**TASK GOAL:** Each line of the data below from the one holding "-- The channels" to the one holding "pub seen_posts : List (String × ℕ)", inclusive, is to be reproduced exactly; no other line belongs in the answer.

**MATERIAL PROVIDED:**
-- ===== src/Channels.antt =====
-- The channels package, packages/codegen-kit-tg-channels/codegen_kit_tg_channels: subscriptions and the
-- outbox of new posts in `Store`, the poll of the platform in `Poller`.
pub mod Store
pub mod Poller
pub mod Service
mod Tests
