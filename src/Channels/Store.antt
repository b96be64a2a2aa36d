-- ===== src/Channels/Store.antt =====
-- Subscriptions, seen posts and deliveries: codegen_kit_tg_channels/store.py with the tables of
-- migrations/versions/0001_channels.py and the post of models.py, all in
-- packages/codegen-kit-tg-channels. Instants are microseconds; the rows that one action inserts take one
-- instant.
pub mod Limit
pub mod Feed
use Prim.Native.String.{◌++◌ as str_append}
use Prim.Native.String
use codegen_product_kit.Base.{
  ℕ, zero, suc, ◌+◌, ◌≡◌, String, Bool, true, false, ◌&&◌, not, Option, none, some, List, [], ◌∷◌,
  ◌++◌, if◌then◌else◌, ◌==◌, leb, ltb, str_eq, same_pair, length, take, is_some,
}
use codegen_product_kit.Base.Dict.{Dict, lookup, insert}
use codegen_product_kit.Base.Sorting.{any, select, sort_by}

abbrev pub channel_limit : ℕ
channel_limit = 50

-- Ten minutes.
abbrev pub subscription_slack : ℕ
subscription_slack = 600000000

pub record Subscription : Type 0 where
  pub user_ref : String
  pub channel : String
  pub subscribed_at : ℕ

pub record Post : Type 0 where
  pub channel : String
  pub id : ℕ
  pub seq : ℕ
  pub date : ℕ
  pub text : String
  pub edited : Bool
  pub deleted : Bool
  pub views : Option ℕ

pub record PostView : Type 0 where
  pub channel : String
  pub date : String
  pub text : String
  pub url : String

pub record Delivery : Type 0 where
  pub event_id : ℕ
  pub payload : PostView
  pub user_ref : String
  pub occurred_at : ℕ
  pub emitted_at : Option ℕ

pub record PollState : Type 0 where
  pub cursor : Option String
  pub since_at : Option ℕ
  pub retry_at : Option ℕ
  pub stopped : Bool

pub record Tables : Type 0 where
  pub users : List String
  pub starting_list : List String
  pub subscriptions : List Subscription
  pub seen_posts : List (String × ℕ)
  pub deliveries : List Delivery
  pub poll_state : PollState

abbrev or_empty : Option (Dict ℕ) → Dict ℕ
or_empty none = []
or_empty (some d) = d

-- `result.setdefault(row.channel, {})[row.user_ref] = row.subscribed_at`
abbrev pub row_of : Subscription → Dict (Dict ℕ) → Dict ℕ
row_of s d = insert s.user_ref s.subscribed_at (or_empty (lookup s.channel d))

-- The loop of `Store.subscriptions`.
unfoldable pub add_rows : List Subscription → Dict (Dict ℕ) → Dict (Dict ℕ)
unfolding lookup insert
add_rows [] d = d
add_rows (s ∷ l) d = add_rows l (insert s.channel (row_of s d) d)

-- `Store.subscriptions`: the subscribers of each channel.
unfoldable pub union : Tables → Dict (Dict ℕ)
unfolding add_rows
union db = add_rows db.subscriptions []

abbrev pub is_subscription : String → String → Subscription → Bool
is_subscription user_ref channel s = same_pair s.user_ref s.channel user_ref channel

abbrev pub add_subscription : Subscription → List Subscription → List Subscription
add_subscription s l = if any (is_subscription s.user_ref s.channel) l then l else l ++ s ∷ []

-- `Store._insert`; `none` is `ActionError("try_later")`, which rolls the transaction back.
pub insert_subscription : ℕ → String → String → Tables → Option Tables
unfolding union lookup
insert_subscription now user_ref channel db =
    if not (is_some (lookup channel (union db))) && leb channel_limit (length (union db))
    then none
    else some (record db {
      subscriptions =
          add_subscription (record { user_ref = user_ref; channel = channel; subscribed_at = now })
            db.subscriptions;
    })

pub insert_all : ℕ → String → List String → Tables → Option Tables
unfolding insert_subscription
insert_all now user_ref [] db = some db
insert_all now user_ref (c ∷ cs) db = elim (insert_subscription now user_ref c db) [
  | none ↦ none
  | some db' ↦ insert_all now user_ref cs db'
]

-- `Store._initialize`
pub initialize : ℕ → String → Tables → Option Tables
unfolding insert_all
initialize now user_ref db =
    if any (λ u. str_eq u user_ref) db.users
    then some db
    else insert_all now user_ref db.starting_list (record db { users = db.users ++ user_ref ∷ [] })

-- `Store.add`
pub add : ℕ → String → String → Tables → Option Tables
unfolding initialize
add now user_ref channel db = elim (initialize now user_ref db) [
  | none ↦ none
  | some db' ↦ insert_subscription now user_ref channel db'
]

-- `Store.remove`
pub remove : ℕ → String → String → Tables → Option Tables
unfolding initialize
remove now user_ref channel db = elim (initialize now user_ref db) [
  | none ↦ none
  | some db' ↦ some (record db' {
    subscriptions = select (λ s. not (is_subscription user_ref channel s)) db'.subscriptions;
  })
]

-- `text[:n]`
pub shorten : ℕ → String → String
shorten zero s = ""
shorten (suc n) String.[] = ""
shorten (suc n) (String.◌∷◌ c s) = String.◌∷◌ c (shorten n s)

-- What the standard library gives: `isoformat`, `strip`, the decimal digits and `uuid5`.
pub record Library : Type 0 where
  pub isoformat : ℕ → String
  pub strip : String → String
  pub decimal : ℕ → String
  pub uuid5 : String → ℕ

-- `Post.view`
pub view : Library → Post → PostView
unfolding shorten
view lib p = record {
  channel = p.channel;
  date = lib.isoformat p.date;
  text = shorten 2500 (lib.strip p.text);
  url = str_append "https://t.me/" (str_append p.channel (str_append "/" (lib.decimal p.id)));
}

pub event_id_of : Library → Post → String → ℕ
event_id_of lib p user_ref = lib.uuid5 (
    str_append "tg-channels:" (
      str_append p.channel
        (str_append ":" (str_append (lib.decimal p.id) (str_append ":" user_ref)))))

abbrev pub new_delivery : Library → ℕ → Post → String → Delivery
new_delivery lib at p user_ref = record {
  event_id = event_id_of lib p user_ref;
  payload = view lib p;
  user_ref = user_ref;
  occurred_at = at;
  emitted_at = none;
}

abbrev pub add_delivery : Delivery → List Delivery → List Delivery
add_delivery d l = if any (λ e. e.event_id == d.event_id) l then l else l ++ d ∷ []

-- The loop over the subscribers of a post.
pub deliver_each : Library → ℕ → Post → Dict ℕ → List Delivery → List Delivery
unfolding view event_id_of
deliver_each lib at p [] l = l
deliver_each lib at p ((user_ref, subscribed_at) ∷ us) l = deliver_each lib at p us (
    if ltb (p.date + subscription_slack) subscribed_at
    then l
    else add_delivery (new_delivery lib at p user_ref) l)

abbrev pub is_seen : Post → List (String × ℕ) → Bool
is_seen p l = any (λ s. str_eq s.0 p.channel && s.1 == p.id) l

-- The body of the loop of `accept_page`, once the channel has subscribers.
pub accept_post : Library → ℕ → Post → Dict ℕ → Tables → Tables
unfolding deliver_each
accept_post lib at p users db = if is_seen p db.seen_posts then db else record db {
  seen_posts = db.seen_posts ++ (p.channel, p.id) ∷ [];
  deliveries = if p.deleted then db.deliveries else deliver_each lib at p users db.deliveries;
}

abbrev accept_for : Library → ℕ → Post → Option (Dict ℕ) → Tables → Tables
accept_for lib at p none db = db
accept_for lib at p (some users) db = accept_post lib at p users db

pub accept_posts : Library → ℕ → Dict (Dict ℕ) → List Post → Tables → Tables
unfolding accept_post lookup
accept_posts lib at subscribers [] db = db
accept_posts lib at subscribers (p ∷ ps) db =
    accept_posts lib at subscribers ps (accept_for lib at p (lookup p.channel subscribers) db)

abbrev pub by_seq : Post → Post → Bool
by_seq p q = leb p.seq q.seq

-- `Store.accept_page`
pub accept_page : Library → ℕ → Dict (Dict ℕ) → List Post → Tables → Tables
unfolding accept_posts
accept_page lib at subscribers items db = accept_posts lib at subscribers (sort_by by_seq items) db

-- `ORDER BY occurred_at, event_id LIMIT 200`
abbrev pub pending_before : Delivery → Delivery → Bool
pending_before d e =
    if d.occurred_at == e.occurred_at
    then leb d.event_id e.event_id
    else ltb d.occurred_at e.occurred_at

abbrev pub is_pending : Delivery → Bool
is_pending d = not (is_some d.emitted_at)

abbrev pub pending_limit : ℕ
pending_limit = 200

-- `Store.pending`
pub pending : Tables → List Delivery
pending db = take pending_limit (sort_by pending_before (select is_pending db.deliveries))

abbrev pub confirm_delivery : ℕ → ℕ → Delivery → Delivery
confirm_delivery event_id at d =
    if d.event_id == event_id then record d { emitted_at = some at } else d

**RESULT OF THE TASK:**
-- The channels package, packages/codegen-kit-tg-channels/codegen_kit_tg_channels: subscriptions and the
-- outbox of new posts in `Store`, the poll of the platform in `Poller`.
pub mod Store
pub mod Poller
pub mod Service
mod Tests
filename src/Channels/Store.antt
repository b96be64a2a2aa36d
-- ===== src/Channels/Store.antt =====
-- Subscriptions, seen posts and deliveries: codegen_kit_tg_channels/store.py with the tables of
-- migrations/versions/0001_channels.py and the post of models.py, all in
-- packages/codegen-kit-tg-channels. Instants are microseconds; the rows that one action inserts take one
-- instant.
pub mod Limit
pub mod Feed
use Prim.Native.String.{◌++◌ as str_append}
use Prim.Native.String
use codegen_product_kit.Base.{
  ℕ, zero, suc, ◌+◌, ◌≡◌, String, Bool, true, false, ◌&&◌, not, Option, none, some, List, [], ◌∷◌,
  ◌++◌, if◌then◌else◌, ◌==◌, leb, ltb, str_eq, same_pair, length, take, is_some,
}
use codegen_product_kit.Base.Dict.{Dict, lookup, insert}
use codegen_product_kit.Base.Sorting.{any, select, sort_by}

abbrev pub channel_limit : ℕ
channel_limit = 50

-- Ten minutes.
abbrev pub subscription_slack : ℕ
subscription_slack = 600000000

pub record Subscription : Type 0 where
  pub user_ref : String
  pub channel : String
  pub subscribed_at : ℕ

pub record Post : Type 0 where
  pub channel : String
  pub id : ℕ
  pub seq : ℕ
  pub date : ℕ
  pub text : String
  pub edited : Bool
  pub deleted : Bool
  pub views : Option ℕ

pub record PostView : Type 0 where
  pub channel : String
  pub date : String
  pub text : String
  pub url : String

pub record Delivery : Type 0 where
  pub event_id : ℕ
  pub payload : PostView
  pub user_ref : String
  pub occurred_at : ℕ
  pub emitted_at : Option ℕ

pub record PollState : Type 0 where
  pub cursor : Option String
  pub since_at : Option ℕ
  pub retry_at : Option ℕ
  pub stopped : Bool

pub record Tables : Type 0 where
  pub users : List String
  pub starting_list : List String
  pub subscriptions : List Subscription
  pub seen_posts : List (String × ℕ)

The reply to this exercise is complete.